→ Exercise goal:
All that should come back is the lines of the data below from the one containing "exe_error_fmt = e.mf_fmt;" to the one containing "elim (is_fsmonitor_daemon c.mf_name)", inclusive, exactly as they stand.

→ Records shown:

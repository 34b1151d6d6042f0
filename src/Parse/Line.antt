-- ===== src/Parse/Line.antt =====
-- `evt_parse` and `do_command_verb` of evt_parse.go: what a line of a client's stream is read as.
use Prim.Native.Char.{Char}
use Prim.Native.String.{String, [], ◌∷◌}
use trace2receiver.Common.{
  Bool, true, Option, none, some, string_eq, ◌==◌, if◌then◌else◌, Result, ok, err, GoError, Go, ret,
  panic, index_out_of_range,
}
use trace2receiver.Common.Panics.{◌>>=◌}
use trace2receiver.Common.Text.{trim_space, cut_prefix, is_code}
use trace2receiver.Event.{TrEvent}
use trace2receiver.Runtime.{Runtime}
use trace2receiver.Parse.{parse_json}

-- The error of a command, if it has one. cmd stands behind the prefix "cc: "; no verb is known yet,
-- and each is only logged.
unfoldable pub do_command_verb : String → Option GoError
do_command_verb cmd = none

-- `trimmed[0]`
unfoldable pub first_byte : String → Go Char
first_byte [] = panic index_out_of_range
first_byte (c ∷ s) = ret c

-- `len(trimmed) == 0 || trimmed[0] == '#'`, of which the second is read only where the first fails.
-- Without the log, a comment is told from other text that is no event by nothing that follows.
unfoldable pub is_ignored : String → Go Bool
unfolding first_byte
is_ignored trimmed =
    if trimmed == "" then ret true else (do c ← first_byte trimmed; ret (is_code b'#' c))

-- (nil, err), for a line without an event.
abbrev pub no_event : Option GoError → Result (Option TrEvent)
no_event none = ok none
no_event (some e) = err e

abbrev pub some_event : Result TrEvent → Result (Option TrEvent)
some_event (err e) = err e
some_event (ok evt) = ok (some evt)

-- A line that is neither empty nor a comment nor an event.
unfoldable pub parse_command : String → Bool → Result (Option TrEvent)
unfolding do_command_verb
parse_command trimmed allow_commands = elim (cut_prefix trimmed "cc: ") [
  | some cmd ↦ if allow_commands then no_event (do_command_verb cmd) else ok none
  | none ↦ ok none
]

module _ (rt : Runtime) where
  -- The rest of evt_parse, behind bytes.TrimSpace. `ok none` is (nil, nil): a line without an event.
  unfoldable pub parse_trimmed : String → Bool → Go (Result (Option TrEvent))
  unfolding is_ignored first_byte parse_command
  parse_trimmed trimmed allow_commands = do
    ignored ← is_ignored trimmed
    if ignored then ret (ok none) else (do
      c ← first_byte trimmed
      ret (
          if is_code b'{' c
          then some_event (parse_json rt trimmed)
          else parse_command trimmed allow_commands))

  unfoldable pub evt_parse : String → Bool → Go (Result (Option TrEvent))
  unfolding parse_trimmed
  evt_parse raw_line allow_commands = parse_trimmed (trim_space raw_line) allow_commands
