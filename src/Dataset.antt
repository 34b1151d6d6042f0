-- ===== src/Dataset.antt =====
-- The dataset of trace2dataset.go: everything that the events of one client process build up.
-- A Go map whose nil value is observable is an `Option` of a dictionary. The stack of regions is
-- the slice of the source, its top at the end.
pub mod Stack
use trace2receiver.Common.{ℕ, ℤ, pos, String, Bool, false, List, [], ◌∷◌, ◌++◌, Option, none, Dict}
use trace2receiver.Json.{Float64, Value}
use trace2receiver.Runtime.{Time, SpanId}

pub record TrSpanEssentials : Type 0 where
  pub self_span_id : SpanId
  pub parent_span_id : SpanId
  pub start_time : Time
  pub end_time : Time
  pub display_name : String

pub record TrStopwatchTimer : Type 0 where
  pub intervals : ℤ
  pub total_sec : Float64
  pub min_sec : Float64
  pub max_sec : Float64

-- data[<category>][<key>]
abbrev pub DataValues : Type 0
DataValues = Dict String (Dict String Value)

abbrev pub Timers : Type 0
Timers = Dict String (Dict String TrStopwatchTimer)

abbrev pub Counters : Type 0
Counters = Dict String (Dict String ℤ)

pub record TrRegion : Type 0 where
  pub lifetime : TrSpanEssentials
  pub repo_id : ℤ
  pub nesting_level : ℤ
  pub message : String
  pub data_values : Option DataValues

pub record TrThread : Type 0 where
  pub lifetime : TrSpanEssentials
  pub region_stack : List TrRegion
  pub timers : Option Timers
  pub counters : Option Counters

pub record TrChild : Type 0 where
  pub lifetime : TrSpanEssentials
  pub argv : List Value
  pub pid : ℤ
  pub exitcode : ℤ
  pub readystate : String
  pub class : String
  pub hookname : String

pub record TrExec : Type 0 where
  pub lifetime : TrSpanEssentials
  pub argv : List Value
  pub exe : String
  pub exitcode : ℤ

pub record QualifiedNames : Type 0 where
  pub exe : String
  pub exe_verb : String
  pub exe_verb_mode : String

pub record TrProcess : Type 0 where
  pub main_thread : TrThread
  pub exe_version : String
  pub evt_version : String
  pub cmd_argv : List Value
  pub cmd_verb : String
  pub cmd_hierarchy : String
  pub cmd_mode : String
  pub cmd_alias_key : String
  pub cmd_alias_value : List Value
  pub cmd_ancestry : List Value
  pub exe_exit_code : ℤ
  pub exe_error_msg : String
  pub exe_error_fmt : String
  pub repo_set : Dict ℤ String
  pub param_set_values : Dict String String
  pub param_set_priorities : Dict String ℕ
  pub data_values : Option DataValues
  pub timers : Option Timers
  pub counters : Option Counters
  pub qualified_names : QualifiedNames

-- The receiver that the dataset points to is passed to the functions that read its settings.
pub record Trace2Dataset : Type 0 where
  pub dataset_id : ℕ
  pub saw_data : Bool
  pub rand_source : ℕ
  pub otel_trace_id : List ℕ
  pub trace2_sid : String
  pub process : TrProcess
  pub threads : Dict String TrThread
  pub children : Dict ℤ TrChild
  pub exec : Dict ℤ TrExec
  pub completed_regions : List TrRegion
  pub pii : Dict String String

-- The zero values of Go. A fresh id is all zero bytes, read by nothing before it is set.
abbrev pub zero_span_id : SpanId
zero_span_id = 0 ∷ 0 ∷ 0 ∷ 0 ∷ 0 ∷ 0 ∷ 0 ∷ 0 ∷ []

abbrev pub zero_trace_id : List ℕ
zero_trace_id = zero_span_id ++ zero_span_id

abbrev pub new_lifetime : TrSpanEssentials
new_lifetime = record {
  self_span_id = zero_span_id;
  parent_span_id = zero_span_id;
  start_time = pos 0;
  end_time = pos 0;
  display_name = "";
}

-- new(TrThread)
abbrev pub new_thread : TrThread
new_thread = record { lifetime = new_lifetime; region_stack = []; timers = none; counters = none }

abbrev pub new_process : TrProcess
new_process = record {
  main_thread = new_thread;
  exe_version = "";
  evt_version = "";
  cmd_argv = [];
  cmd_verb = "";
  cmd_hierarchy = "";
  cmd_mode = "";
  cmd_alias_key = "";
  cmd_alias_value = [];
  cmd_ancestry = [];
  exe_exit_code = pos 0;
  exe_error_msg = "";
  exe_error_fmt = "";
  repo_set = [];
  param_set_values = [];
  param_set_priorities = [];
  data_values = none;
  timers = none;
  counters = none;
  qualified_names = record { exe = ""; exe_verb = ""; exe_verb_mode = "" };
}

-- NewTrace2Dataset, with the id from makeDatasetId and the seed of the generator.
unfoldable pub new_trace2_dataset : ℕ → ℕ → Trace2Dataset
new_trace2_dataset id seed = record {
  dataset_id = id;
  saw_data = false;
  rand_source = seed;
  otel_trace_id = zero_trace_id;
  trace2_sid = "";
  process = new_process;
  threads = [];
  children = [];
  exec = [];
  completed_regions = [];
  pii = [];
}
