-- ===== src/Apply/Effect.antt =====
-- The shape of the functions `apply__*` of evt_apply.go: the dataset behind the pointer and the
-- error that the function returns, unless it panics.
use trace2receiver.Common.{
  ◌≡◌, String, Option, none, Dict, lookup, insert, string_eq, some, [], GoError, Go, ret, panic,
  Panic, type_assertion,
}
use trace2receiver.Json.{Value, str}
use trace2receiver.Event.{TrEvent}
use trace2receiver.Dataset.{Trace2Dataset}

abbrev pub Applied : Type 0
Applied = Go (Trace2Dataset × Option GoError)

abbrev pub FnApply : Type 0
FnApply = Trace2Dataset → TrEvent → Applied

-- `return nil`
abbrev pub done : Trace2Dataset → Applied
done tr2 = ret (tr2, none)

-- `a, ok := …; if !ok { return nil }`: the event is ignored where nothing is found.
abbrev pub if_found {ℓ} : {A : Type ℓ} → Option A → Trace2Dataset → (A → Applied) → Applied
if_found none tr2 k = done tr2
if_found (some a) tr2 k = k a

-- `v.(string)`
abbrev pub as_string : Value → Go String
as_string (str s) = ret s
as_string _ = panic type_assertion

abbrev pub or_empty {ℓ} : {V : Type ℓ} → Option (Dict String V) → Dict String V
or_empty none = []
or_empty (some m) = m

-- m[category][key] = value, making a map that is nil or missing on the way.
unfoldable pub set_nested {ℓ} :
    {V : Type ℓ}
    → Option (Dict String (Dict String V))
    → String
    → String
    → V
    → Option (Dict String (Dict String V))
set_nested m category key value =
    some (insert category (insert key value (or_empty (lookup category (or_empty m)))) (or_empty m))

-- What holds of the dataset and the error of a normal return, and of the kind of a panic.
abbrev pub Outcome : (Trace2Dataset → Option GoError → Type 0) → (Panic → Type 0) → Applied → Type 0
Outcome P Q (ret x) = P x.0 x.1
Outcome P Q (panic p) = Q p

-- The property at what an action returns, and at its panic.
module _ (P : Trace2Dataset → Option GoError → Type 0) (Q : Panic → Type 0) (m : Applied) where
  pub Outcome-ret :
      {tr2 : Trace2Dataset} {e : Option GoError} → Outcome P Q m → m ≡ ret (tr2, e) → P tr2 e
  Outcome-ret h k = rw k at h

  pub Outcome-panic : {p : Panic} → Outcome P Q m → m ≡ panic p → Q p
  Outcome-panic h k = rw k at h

--

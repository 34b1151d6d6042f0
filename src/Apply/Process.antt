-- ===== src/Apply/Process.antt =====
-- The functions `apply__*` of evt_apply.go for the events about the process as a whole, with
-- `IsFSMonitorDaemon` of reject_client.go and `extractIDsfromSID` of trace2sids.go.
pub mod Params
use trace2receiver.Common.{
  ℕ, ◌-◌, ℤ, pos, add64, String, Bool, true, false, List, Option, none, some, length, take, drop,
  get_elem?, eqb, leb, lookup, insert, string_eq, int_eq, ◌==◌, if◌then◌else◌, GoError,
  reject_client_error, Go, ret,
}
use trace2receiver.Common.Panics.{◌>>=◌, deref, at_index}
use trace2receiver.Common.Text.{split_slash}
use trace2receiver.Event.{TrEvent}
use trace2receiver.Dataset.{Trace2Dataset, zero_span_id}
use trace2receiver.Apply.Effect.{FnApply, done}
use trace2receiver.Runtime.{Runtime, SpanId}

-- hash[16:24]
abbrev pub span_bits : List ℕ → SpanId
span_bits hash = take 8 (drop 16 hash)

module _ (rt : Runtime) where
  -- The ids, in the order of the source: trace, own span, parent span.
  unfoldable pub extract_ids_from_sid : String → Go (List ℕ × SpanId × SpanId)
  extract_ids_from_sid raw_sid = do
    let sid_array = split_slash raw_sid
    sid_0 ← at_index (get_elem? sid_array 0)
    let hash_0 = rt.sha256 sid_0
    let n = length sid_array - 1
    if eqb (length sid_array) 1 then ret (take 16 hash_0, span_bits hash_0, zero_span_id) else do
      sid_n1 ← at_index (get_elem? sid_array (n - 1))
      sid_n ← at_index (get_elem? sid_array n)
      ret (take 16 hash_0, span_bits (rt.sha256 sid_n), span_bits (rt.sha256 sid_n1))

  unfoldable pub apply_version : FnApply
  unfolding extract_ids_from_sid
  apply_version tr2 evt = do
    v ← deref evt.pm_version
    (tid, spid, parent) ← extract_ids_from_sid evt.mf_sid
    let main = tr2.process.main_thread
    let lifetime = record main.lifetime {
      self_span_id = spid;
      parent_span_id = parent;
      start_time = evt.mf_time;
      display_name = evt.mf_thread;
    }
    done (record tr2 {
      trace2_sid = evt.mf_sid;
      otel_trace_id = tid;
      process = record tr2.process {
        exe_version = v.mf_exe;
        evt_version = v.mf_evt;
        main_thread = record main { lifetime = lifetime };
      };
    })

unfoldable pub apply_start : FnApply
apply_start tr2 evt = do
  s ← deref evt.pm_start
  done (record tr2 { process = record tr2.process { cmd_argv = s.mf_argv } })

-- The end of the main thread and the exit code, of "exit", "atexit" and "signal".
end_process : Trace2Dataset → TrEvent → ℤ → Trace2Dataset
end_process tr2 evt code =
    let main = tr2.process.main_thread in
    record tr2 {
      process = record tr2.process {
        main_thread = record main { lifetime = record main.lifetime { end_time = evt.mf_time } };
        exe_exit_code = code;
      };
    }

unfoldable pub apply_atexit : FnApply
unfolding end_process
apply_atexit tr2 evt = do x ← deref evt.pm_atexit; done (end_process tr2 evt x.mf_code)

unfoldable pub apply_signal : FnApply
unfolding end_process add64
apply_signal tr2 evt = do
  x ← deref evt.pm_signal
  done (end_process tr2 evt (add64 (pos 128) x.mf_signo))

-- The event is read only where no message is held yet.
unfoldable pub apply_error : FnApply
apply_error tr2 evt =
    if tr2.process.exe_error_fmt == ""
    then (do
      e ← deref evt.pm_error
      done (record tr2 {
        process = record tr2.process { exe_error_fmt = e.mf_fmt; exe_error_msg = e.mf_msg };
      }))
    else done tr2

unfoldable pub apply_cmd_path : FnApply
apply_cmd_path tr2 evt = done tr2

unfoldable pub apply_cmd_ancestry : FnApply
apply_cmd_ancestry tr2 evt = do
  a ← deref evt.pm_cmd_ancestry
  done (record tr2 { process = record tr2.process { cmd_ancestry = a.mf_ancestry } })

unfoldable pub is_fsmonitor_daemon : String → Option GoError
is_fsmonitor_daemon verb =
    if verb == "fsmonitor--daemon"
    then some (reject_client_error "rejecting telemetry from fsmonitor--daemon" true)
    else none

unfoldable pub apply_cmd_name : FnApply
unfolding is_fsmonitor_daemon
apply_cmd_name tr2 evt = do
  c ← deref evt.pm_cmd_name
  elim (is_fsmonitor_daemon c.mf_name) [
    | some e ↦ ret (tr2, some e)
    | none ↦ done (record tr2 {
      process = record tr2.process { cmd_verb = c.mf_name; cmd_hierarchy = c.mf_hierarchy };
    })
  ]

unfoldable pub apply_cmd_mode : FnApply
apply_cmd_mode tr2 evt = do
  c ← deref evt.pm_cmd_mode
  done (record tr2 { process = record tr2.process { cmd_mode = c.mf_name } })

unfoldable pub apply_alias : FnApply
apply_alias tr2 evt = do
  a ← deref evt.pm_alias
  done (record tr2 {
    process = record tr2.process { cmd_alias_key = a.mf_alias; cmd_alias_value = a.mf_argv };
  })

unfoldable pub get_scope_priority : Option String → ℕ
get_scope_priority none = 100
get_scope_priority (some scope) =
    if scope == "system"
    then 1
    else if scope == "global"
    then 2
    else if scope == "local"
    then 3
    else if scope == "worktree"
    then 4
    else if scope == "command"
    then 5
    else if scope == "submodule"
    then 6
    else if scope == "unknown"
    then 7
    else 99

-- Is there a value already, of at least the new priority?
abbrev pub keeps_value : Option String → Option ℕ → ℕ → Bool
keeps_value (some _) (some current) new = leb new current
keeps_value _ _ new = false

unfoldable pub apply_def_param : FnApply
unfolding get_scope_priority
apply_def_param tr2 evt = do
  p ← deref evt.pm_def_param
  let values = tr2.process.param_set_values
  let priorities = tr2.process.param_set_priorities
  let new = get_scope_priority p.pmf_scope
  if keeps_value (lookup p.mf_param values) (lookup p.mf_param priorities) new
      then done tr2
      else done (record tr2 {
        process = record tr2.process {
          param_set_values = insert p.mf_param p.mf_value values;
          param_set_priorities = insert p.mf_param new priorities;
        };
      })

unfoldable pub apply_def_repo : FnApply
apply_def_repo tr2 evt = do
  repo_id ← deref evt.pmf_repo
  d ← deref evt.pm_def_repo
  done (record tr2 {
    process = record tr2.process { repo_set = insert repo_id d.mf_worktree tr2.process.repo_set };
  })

...

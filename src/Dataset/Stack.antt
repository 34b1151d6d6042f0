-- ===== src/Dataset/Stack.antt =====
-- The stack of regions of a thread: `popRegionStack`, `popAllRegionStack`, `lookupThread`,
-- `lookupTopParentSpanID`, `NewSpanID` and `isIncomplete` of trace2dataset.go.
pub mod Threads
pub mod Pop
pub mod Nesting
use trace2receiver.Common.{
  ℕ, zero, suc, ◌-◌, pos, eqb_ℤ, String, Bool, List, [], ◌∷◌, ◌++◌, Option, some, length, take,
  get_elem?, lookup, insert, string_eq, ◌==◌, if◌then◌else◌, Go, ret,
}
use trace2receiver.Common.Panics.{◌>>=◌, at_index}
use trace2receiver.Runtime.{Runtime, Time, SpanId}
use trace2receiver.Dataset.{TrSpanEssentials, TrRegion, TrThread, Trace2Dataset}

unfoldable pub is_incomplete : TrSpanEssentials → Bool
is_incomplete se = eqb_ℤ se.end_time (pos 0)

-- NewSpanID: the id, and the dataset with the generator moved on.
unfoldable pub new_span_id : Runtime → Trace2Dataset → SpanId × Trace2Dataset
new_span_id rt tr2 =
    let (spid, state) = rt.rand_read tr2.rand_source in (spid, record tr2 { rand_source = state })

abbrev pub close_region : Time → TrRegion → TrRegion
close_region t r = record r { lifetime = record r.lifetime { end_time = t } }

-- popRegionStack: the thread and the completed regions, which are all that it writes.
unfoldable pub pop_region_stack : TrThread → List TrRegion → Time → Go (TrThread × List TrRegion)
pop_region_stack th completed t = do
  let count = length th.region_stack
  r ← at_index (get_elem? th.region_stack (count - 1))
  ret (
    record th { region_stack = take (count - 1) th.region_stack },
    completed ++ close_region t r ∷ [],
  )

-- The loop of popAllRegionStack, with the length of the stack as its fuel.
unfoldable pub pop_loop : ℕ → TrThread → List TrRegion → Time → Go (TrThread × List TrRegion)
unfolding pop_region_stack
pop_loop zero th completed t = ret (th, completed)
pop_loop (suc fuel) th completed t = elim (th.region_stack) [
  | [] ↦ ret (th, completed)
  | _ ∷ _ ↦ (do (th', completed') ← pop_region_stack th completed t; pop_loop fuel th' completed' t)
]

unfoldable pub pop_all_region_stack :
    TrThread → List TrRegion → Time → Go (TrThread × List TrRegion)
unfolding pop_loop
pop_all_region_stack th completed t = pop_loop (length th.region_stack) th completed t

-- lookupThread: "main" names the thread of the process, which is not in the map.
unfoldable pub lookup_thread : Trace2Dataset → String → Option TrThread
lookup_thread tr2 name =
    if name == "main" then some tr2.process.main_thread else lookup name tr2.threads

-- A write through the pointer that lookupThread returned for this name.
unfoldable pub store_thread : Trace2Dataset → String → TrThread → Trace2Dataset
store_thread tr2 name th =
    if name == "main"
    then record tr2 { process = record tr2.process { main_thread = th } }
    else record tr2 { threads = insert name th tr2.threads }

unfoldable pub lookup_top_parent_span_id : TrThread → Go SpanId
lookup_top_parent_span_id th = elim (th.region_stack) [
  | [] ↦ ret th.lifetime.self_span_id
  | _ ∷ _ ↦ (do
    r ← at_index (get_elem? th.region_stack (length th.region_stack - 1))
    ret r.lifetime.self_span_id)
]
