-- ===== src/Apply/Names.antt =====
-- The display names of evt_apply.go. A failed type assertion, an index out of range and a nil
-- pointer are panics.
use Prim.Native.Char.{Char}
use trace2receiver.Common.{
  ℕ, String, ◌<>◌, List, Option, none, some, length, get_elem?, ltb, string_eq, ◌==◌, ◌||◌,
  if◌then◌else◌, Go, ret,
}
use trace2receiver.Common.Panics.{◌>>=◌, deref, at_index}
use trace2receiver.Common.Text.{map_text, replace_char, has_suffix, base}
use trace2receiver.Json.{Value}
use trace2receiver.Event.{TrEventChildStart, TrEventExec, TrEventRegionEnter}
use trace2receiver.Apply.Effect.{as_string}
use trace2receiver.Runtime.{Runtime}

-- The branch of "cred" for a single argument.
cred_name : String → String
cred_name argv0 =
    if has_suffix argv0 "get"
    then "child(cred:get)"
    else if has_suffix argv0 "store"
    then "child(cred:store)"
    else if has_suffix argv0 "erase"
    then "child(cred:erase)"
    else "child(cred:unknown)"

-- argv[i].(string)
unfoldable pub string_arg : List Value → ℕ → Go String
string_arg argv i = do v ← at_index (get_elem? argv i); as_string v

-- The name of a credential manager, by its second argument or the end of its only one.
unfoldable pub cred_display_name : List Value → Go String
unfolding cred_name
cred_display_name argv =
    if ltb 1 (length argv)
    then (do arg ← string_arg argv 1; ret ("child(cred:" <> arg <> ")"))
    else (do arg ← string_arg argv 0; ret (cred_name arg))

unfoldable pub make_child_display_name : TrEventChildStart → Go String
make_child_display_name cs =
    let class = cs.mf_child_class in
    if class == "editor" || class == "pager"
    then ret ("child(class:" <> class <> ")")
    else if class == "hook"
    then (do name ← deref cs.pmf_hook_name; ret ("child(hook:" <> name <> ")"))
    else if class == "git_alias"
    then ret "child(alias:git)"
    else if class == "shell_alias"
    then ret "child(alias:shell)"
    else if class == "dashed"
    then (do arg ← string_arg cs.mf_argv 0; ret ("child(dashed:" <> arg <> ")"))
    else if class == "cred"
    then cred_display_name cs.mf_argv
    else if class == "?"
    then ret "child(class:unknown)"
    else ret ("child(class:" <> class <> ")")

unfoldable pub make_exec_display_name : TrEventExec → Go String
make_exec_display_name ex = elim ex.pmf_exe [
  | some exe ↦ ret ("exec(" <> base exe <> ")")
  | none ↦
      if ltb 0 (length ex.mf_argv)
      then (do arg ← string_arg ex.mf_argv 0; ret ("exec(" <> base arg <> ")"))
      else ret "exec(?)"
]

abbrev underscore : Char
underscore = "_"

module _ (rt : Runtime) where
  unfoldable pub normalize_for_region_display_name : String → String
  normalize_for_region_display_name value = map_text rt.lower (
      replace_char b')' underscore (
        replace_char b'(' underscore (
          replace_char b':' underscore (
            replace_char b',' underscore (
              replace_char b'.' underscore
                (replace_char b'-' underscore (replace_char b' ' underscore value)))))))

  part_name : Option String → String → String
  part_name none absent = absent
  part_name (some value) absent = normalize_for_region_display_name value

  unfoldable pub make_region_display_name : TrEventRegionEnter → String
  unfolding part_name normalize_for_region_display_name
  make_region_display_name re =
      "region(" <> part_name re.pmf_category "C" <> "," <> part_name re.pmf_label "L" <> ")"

→ Task response:
        process = record tr2.process { exe_error_fmt = e.mf_fmt; exe_error_msg = e.mf_msg };
      }))
    else done tr2

unfoldable pub apply_cmd_path : FnApply
apply_cmd_path tr2 evt = done tr2

unfoldable pub apply_cmd_ancestry : FnApply
apply_cmd_ancestry tr2 evt = do
  a ← deref evt.pm_cmd_ancestry
  done (record tr2 { process = record tr2.process { cmd_ancestry = a.mf_ancestry } })

unfoldable pub is_fsmonitor_daemon : String → Option GoError
is_fsmonitor_daemon verb =
    if verb == "fsmonitor--daemon"
    then some (reject_client_error "rejecting telemetry from fsmonitor--daemon" true)
    else none

unfoldable pub apply_cmd_name : FnApply
unfolding is_fsmonitor_daemon
apply_cmd_name tr2 evt = do
  c ← deref evt.pm_cmd_name
  elim (is_fsmonitor_daemon c.mf_name) [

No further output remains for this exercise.